Task goal >> Scan the entries for the word "shape". Every line that has it should be copied.

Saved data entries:
——

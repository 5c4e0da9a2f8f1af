-- ===== src/DfbApi/Pool.antt =====
-- The identifiers are distinct, and a call on one buffer leaves the others alone.
use tt_lang.Prelude.{
  all_positive, ℕ, zero, suc, ◌+◌, ◌≤◌, ◌<◌, ◌≡◌, ◌≢◌, refl, ap, ap₂, ◌∙◌, inl, inr, List, [], ◌∷◌,
  Option, none, some, Exec, ok, get_elem?, set, length, get_elem?-set_ne, get_elem?-set_self, pure,
  ◌>>=◌, >>=-ok, ltb, lt→ltb, true, ◌&&◌, Bool-cases, arith,
}
use tt_lang.DfbState.{DfbState, host_configure_dfb}
use tt_lang.DfbState.Inv.{IsValid, configure-IsValid}
use tt_lang.DfbApi.{
  DfbApi, max_dfbs, allocate_dfb_id, on_entry, size_given, call_dfb, configure_dfb, entry_or_new,
}

-- `n` numbers from `a` on.
abbrev pub ids_from : ℕ → ℕ → List ℕ
ids_from a zero = []
ids_from a (suc n) = a ∷ ids_from (suc a) n

module _ {A : Type 0} where
  -- Allocations one after the other.
  abbrev pub allocate_all : ℕ → Exec (DfbApi A) (List ℕ)
  allocate_all zero = pure []
  allocate_all (suc n) = allocate_dfb_id >>= λ i. allocate_all n >>= λ is. pure (i ∷ is)

  pub allocate-ok :
      (api : DfbApi A)
      → api.next_dfb_id < max_dfbs
      → allocate_dfb_id api ≡ (ok api.next_dfb_id, record api { next_dfb_id = api.next_dfb_id + 1 })
  unfolding allocate_dfb_id
  allocate-ok api h = ground arith

  -- Any number of allocations that ends within the limit succeeds, gives the next numbers in
  -- order, and leaves the pool as it is.
  pub allocate_all-ids :
      (n : ℕ) (api : DfbApi A)
      → api.next_dfb_id + n ≤ max_dfbs
      → allocate_all n api
        ≡ (ok (ids_from api.next_dfb_id n), record api { next_dfb_id = api.next_dfb_id + n })
  allocate_all-ids zero api h = ap (λ k. (ok [], record api { next_dfb_id = k })) (omega arith)
  allocate_all-ids (suc n) api h =
      let i : ℕ = api.next_dfb_id in
      let api' : DfbApi A = record api { next_dfb_id = i + 1 } in
      let next : i + 1 ≡ suc i = omega arith in
      let last : i + 1 + n ≡ i + suc n = omega arith in
      >>=-ok allocate_dfb_id (λ k. allocate_all n >>= λ is. pure (k ∷ is)) api
        (allocate-ok api (omega arith))
      ∙ >>=-ok (allocate_all n) (λ is. pure (i ∷ is)) api' (allocate_all-ids n api' (omega arith))
      ∙ ap₂ (λ a b. (ok (i ∷ ids_from a n), record api { next_dfb_id = b })) next last

  entry-frame :
      {B : Type 0} (i j : ℕ) (m : Exec (DfbState A) B) (api : DfbApi A)
      → i ≢ j
      → (o : Option (Option (DfbState A)))
      → (get_elem? (on_entry i m o api).1.pool j ≡ get_elem? api.pool j)
        × ((on_entry i m o api).1.next_dfb_id ≡ api.next_dfb_id)
  entry-frame i j m api h none = (refl, refl)
  entry-frame i j m api h (some none) = (refl, refl)
  entry-frame i j m api h (some (some s)) = (get_elem?-set_ne api.pool i j (some (m s).1) h, refl)

  -- A call on one buffer, whatever it does and whether it succeeds or raises, leaves every other
  -- entry of the pool and the next identifier as they are.
  pub call_dfb-frame :
      {B : Type 0} (i j : ℕ) (n : Option ℕ) (m : Exec (DfbState A) B) (api : DfbApi A)
      → i ≢ j
      → (get_elem? (call_dfb i n m api).1.pool j ≡ get_elem? api.pool j)
        × ((call_dfb i n m api).1.next_dfb_id ≡ api.next_dfb_id)
  unfolding call_dfb
  call_dfb-frame i j n m api h = elim (Bool-cases (ltb i max_dfbs && size_given n)) [
    | inl e ↦ rw e (entry-frame i j m api h (get_elem? api.pool i))
    | inr e ↦ rw e (refl, refl)
  ]

  -- In a pool of the full size, configuring a buffer with an identifier in range, a capacity and
  -- sizes that are not 0 succeeds, whether its entry was made before or not: its entry is then a valid
  -- buffer of that capacity, and any other entry is as before.
  configure_dfb-entry :
      (i j capacity : ℕ) (shape : List ℕ) (api : DfbApi A)
      → length api.pool ≡ max_dfbs
      → i < max_dfbs
      → 0 < capacity
      → all_positive shape ≡ true
      → i ≢ j
      → (api' : DfbApi A) × (s : DfbState A) × (configure_dfb i capacity shape api ≡ (ok tt, api'))
        × (get_elem? api'.pool i ≡ some (some s))
        × (s.cap ≡ capacity)
        × IsValid s
        × (get_elem? api'.pool j ≡ get_elem? api.pool j)
  unfolding configure_dfb host_configure_dfb
  configure_dfb-entry i j capacity shape api size h pos sizes ne =
      let s₀ : DfbState A = entry_or_new (get_elem? api.pool i) in
      let s : DfbState A = host_configure_dfb capacity shape s₀ in
      (
        record api { pool = set api.pool i (some s) },
        s,
        rw (lt→ltb i max_dfbs h, lt→ltb 0 capacity pos, sizes) refl,
        get_elem?-set_self api.pool i (some s) (omega arith),
        refl,
        configure-IsValid capacity shape s₀ pos,
        get_elem?-set_ne api.pool i j (some s) ne,
      )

——

Your solution >>
      (i j capacity : ℕ) (shape : List ℕ) (api : DfbApi A)
      → all_positive shape ≡ true
      → (api' : DfbApi A) × (s : DfbState A) × (configure_dfb i capacity shape api ≡ (ok tt, api'))
  configure_dfb-entry i j capacity shape api size h pos sizes ne =
      let s : DfbState A = host_configure_dfb capacity shape s₀ in
        configure-IsValid capacity shape s₀ pos,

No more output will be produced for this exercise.